(Stored items)
----------------------------------------
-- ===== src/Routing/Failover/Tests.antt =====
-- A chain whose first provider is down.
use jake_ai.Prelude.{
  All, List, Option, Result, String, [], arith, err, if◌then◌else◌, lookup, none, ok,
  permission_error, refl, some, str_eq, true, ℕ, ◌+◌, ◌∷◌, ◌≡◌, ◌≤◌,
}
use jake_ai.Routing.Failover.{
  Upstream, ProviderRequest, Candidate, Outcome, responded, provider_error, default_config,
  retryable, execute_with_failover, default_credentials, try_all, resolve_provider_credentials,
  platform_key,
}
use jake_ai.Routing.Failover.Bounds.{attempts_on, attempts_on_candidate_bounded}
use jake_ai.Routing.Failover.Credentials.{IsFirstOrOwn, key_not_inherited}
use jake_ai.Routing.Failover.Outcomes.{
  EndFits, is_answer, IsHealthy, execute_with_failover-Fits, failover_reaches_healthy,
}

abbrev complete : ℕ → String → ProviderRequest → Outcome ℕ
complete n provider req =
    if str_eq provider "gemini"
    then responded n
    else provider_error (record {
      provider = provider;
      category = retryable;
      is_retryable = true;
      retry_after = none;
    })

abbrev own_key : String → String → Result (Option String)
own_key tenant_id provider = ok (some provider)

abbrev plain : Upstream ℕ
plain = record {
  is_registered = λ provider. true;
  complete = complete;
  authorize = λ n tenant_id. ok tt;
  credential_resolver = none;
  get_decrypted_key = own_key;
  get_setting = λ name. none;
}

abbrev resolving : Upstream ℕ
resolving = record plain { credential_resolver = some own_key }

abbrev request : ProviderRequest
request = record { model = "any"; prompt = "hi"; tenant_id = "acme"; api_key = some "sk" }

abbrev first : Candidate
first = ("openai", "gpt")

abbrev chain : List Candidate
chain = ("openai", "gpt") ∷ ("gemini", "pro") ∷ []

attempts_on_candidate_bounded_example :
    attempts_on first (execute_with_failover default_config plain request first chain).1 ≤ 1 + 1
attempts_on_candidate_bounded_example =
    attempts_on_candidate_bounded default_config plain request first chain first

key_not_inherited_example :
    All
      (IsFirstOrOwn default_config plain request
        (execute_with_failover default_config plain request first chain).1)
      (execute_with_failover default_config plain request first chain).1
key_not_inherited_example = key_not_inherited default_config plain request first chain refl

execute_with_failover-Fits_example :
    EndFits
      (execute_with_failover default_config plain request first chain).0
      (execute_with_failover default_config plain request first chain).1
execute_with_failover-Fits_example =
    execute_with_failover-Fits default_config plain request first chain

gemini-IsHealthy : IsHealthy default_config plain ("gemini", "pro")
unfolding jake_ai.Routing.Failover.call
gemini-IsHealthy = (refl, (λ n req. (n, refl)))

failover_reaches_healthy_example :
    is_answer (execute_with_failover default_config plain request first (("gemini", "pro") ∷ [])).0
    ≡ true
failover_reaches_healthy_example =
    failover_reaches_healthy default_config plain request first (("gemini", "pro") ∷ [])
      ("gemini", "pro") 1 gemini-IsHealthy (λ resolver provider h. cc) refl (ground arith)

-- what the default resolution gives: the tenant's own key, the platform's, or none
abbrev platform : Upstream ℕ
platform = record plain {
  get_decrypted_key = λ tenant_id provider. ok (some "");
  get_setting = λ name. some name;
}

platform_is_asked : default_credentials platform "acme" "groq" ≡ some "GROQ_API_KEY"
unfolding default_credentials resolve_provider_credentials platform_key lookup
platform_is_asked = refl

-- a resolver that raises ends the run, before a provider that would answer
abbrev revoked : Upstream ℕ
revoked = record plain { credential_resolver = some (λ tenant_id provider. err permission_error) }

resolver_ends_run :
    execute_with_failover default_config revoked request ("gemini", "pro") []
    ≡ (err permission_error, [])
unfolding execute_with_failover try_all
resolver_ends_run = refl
----------------------------------------
● **Task requirements**
Look above for the line holding "complete n provider" and the line holding "abbrev first : Candidate", then output exactly those two lines and every line between them, nothing more.

● **Your solution**
complete n provider req =
    if str_eq provider "gemini"
    then responded n
    else provider_error (record {
      provider = provider;
      category = retryable;
      is_retryable = true;
      retry_after = none;
    })

abbrev own_key : String → String → Result (Option String)
own_key tenant_id provider = ok (some provider)

abbrev plain : Upstream ℕ
plain = record {
  is_registered = λ provider. true;
  complete = complete;
  authorize = λ n tenant_id. ok tt;
  credential_resolver = none;
  get_decrypted_key = own_key;
  get_setting = λ name. none;
}

abbrev resolving : Upstream ℕ
resolving = record plain { credential_resolver = some own_key }

abbrev request : ProviderRequest
request = record { model = "any"; prompt = "hi"; tenant_id = "acme"; api_key = some "sk" }

abbrev first : Candidate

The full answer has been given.